You should now be at a terminal in the Docker container. Now clone the GitHub repository containing all the files you will need for the tutorials.
git clone https://github.com/NBISweden/workshop-reproducible-research.git
cd workshop-reproducible-research
Setting up persistent conda environments
Because the root file system of each container is an isolated instance, Conda
environments you create during this course will be lost if you exit the
container or if it is killed for some reason. This means that you will have to
recreate each environment every time you run a new container for
the course. To avoid this, you can make sure that Conda uses a subfolder envs/
inside the /course
directory for storing environments. If you run containers
for the course with some folder on your local machine mounted inside /course
that will cause the Conda environments to be available on your local machine
even though they are created inside the container. Should a container be stopped
for some reason you can simply run a new one and activate Conda environments
under /course/envs
, saving you the trouble of recreating them.

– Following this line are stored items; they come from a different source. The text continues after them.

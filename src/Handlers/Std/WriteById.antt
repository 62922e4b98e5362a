-- ===== src/Handlers/Std/WriteById.antt =====
-- WriteDataByIdentifier through the dispatcher, over regular files.
use vdiag_server.Base.{
  ℕ, ◌+◌, ◌/◌, ◌≤◌, ◌<◌, ◌≡◌, refl, sym, ap, ◌∙◌, true, some, List, [], ◌∷◌, length, take, drop,
  replicate, overwrite, length-drop, length-take, length-replicate, length-overwrite,
  take-overwrite, arith, if◌then◌else◌, bit_and_byte,
}
use vdiag_server.Base.Exec.{done}
use vdiag_server.Base.Ptr.{Ptr, block}
use vdiag_server.Can.{CanMessage, byte, put, IsMessage}
use vdiag_server.Config.{DataIdentifier}
use vdiag_server.Os.{Os}
use vdiag_server.Os.Files.{View, IsRegular}
use vdiag_server.Memory.{check_memrange}
use vdiag_server.Memory.Write.{Written, write_memory_ok}
use vdiag_server.Uds.Codes.{Nrc, code, UdsError}
use vdiag_server.Uds.Interface.{Locals}
use vdiag_server.Uds.Dispatch.{handle_msg}
use vdiag_server.Uds.Dispatch.Cases.{write_by_identifier}
use vdiag_server.Handlers.Address.Value.{byte-lt}
use vdiag_server.Handlers.DidMap.{DidTable, mapping_of}
use vdiag_server.Handlers.DidMap.Lookup.{HasEntries, last_entry, entries, init_mapping_lem}
use vdiag_server.Handlers.Wrbi.{Globals, wrbi_setup, wrbi, wrbi_pack}
use vdiag_server.Handlers.Std.{Machine, std_handlers}
use vdiag_server.Handlers.Std.Write.{memory_file}
use vdiag_server.Handlers.Std.ById.{named_did, request_did_lem, with_globals}

module _ (os : Os) (v : View os) (reg : IsRegular os v) (stale : Ptr → Ptr) (l : Locals) where
  -- In the extended session, where memory for the buffer is given and all names of identifiers are
  -- terminated, a request of at least three
  -- bytes to write an identifier that has an entry of at most 4093 bytes is accepted or refused by
  -- the range that the local `wrbi_param` held before any assignment, wherever the entry lies.
  -- Where the setup accepts it, it takes the entry's region and as many bytes from behind the
  -- identifier as the entry asks for, whether sent or not. No file changes.
  pub write_setup_uninitialised :
      (m : Machine os.State) (req : CanMessage) (d : DataIdentifier)
      → IsMessage req
      → 3 ≤ req.usz
      → m.uds.uses ≡ 3
      → HasEntries m.uds.ecucfg
      → last_entry (entries m.uds.ecucfg) (named_did req) ≡ some d
      → d.size ≤ 4093
      → let mem = m.uds.ecucfg.memory in
        let garbage = l.wrbi_param in
        let zeros = replicate {A = ℕ} 4096 0 in
        (g : Globals os.State) × (wrbi_setup os (some m.uds) req (some garbage) m.globals
          ≡ done (
            if check_memrange mem.start_addr mem.end_addr garbage.uaddr garbage.usz
                then (
                  Nrc.positive_response,
                  some (record {
                    udid = named_did req;
                    uaddr = d.address;
                    usz = d.size;
                    pdata = block (overwrite (take d.size (drop 3 req.pdata)) zeros);
                  }),
                )
                else (Nrc.request_out_of_range, some (record garbage { pdata = block zeros })),
            g,
          ))
        × ((name : List ℕ) → v.content g.fs name ≡ v.content m.globals.fs name)
        × (v.spare g.fs ≡ v.spare m.globals.fs)
  unfolding wrbi_setup
  write_setup_uninitialised m req d msg long extended counted entry few =
      let (table, filled, looked) = init_mapping_lem m.uds.ecucfg counted in
      let h1 = byte-lt msg 1 in
      let h2 = byte-lt msg 2 in
      let did = request_did_lem msg in
      let hit : table (named_did req) ≡ mapping_of d =
        rw (looked (named_did req) (omega arith), entry) refl in
      let zeros = replicate {A = ℕ} 4096 0 in
      let (got, same) = reg.calloc_ok 4096 m.globals.fs (omega arith) in
      let sent = take d.size (drop 3 req.pdata) in
      let len : length sent ≡ d.size =
        omega (arith, length-take d.size (drop 3 req.pdata), length-drop 3 req.pdata, msg.full) in
      let zlen = length-replicate {A = ℕ} 4096 0 in
      let have : length (drop 3 req.pdata) ≡ 4093 =
        omega (arith, length-drop 3 req.pdata, msg.full) in
      (
        record { fs = (os.calloc 4096 m.globals.fs).1; dids = table },
        ground (arith, filled, did, hit, got, len, zlen, have),
        same.content,
        same.spare,
      )

  -- In the extended session, with all names of identifiers terminated and with what `wrbi_param`
  -- held in range, a request of at least three
  -- bytes to write an identifier whose last entry names 1 to 4093 bytes at a 32-bit address, over a
  -- regular memory file that holds them, with a descriptor to spare, is answered by 6E and the
  -- identifier. It changes exactly the bytes of the entry, to those behind the identifier.
  pub write_by_identifier_lem :
      (m : Machine os.State) (req presp : CanMessage) (d : DataIdentifier) (bs : List ℕ)
      → IsMessage req
      → 3 ≤ req.usz
      → byte req 0 ≡ 0x2e
      → m.uds.uses ≡ 3
      → HasEntries m.uds.ecucfg
      → last_entry (entries m.uds.ecucfg) (named_did req) ≡ some d
      → check_memrange m.uds.ecucfg.memory.start_addr m.uds.ecucfg.memory.end_addr
          l.wrbi_param.uaddr l.wrbi_param.usz
        ≡ true
      → d.address < 4294967296
      → 0 < d.size
      → d.size ≤ 4093
      → v.content m.globals.fs (memory_file m) ≡ some bs
      → 0 < v.spare m.globals.fs
      → d.address + d.size ≤ length bs
      → (t : os.State) × (table : DidTable) × (handle_msg
            (std_handlers os stale)
            l
            true
            req
            (some presp)
            m
          ≡ done (
            (UdsError.no_error, some (put presp (0x6e ∷ byte req 1 ∷ byte req 2 ∷ []) 3)),
            with_globals m t table,
          ))
        × Written os v (memory_file m) d.address (take d.size (drop 3 req.pdata)) bs m.globals.fs t
  unfolding wrbi wrbi_pack code
  write_by_identifier_lem m req presp d bs msg long sid extended counted entry range word pos few
        con spare room =
      let (g, set_up, same, same_spare) =
        write_setup_uninitialised m req d msg long extended counted entry few in
      let h1 = byte-lt msg 1 in
      let h2 = byte-lt msg 2 in
      let zeros = replicate {A = ℕ} 4096 0 in
      let sent = take d.size (drop 3 req.pdata) in
      let len : length sent ≡ d.size =
        omega (arith, length-take d.size (drop 3 req.pdata), length-drop 3 req.pdata, msg.full) in
      let zlen = length-replicate {A = ℕ} 4096 0 in
      let olen = length-overwrite sent zeros in
      let whole : take d.size (overwrite sent zeros) ≡ sent =
        ap (λ (k : ℕ). take k (overwrite sent zeros)) (sym len)
        ∙ take-overwrite sent zeros (omega arith) in
      let (t, ran, left) =
        write_memory_ok os v reg d.address d.size (overwrite sent zeros) bs (memory_file m) g.fs
          (same (memory_file m) ∙ con) (omega arith) pos (omega arith) room word (omega arith) in
      let hi = bit_and_byte (named_did req / 256) in
      let lo = bit_and_byte (named_did req) in
      (
        t,
        g.dids,
        rw (write_by_identifier (std_handlers os stale) l req presp (omega arith) m sid)
            (ground (arith, set_up, range, ran, hi, lo)),
        record {
          content = rw whole at left.content;
          others = λ other ne. left.others other ne ∙ same other;
          spare = left.spare ∙ same_spare;
        },
      )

What you have to do is to, after you've started a container with the
docker run
command above, first create the envs/
directory:
mkdir /course/envs
Then set the environment variable CONDA_ENVS_PATH
to /course/envs
:
export CONDA_ENVS_PATH="/course/envs"
Now when you use Conda to create environments inside the Docker container for
the course, the environments will be placed in /course/envs
which is also
present on your local system because you mounted the folder inside the
container. Note that you will have to set the CONDA_ENVS_PATH
each time you
start a new container for this to work.
Attention
This usage of persistent Conda environments should be considered an edge case of how you use Docker containers. We do this only to make it easier to run the course through Docker, but in general we do not advocate creating Conda environments separate from the actual Docker container.
Don't worry if you feel that this Docker stuff is a little confusing, it will become clearer in the Docker tutorial. However, the priority right now is just to get it running so that you can start working.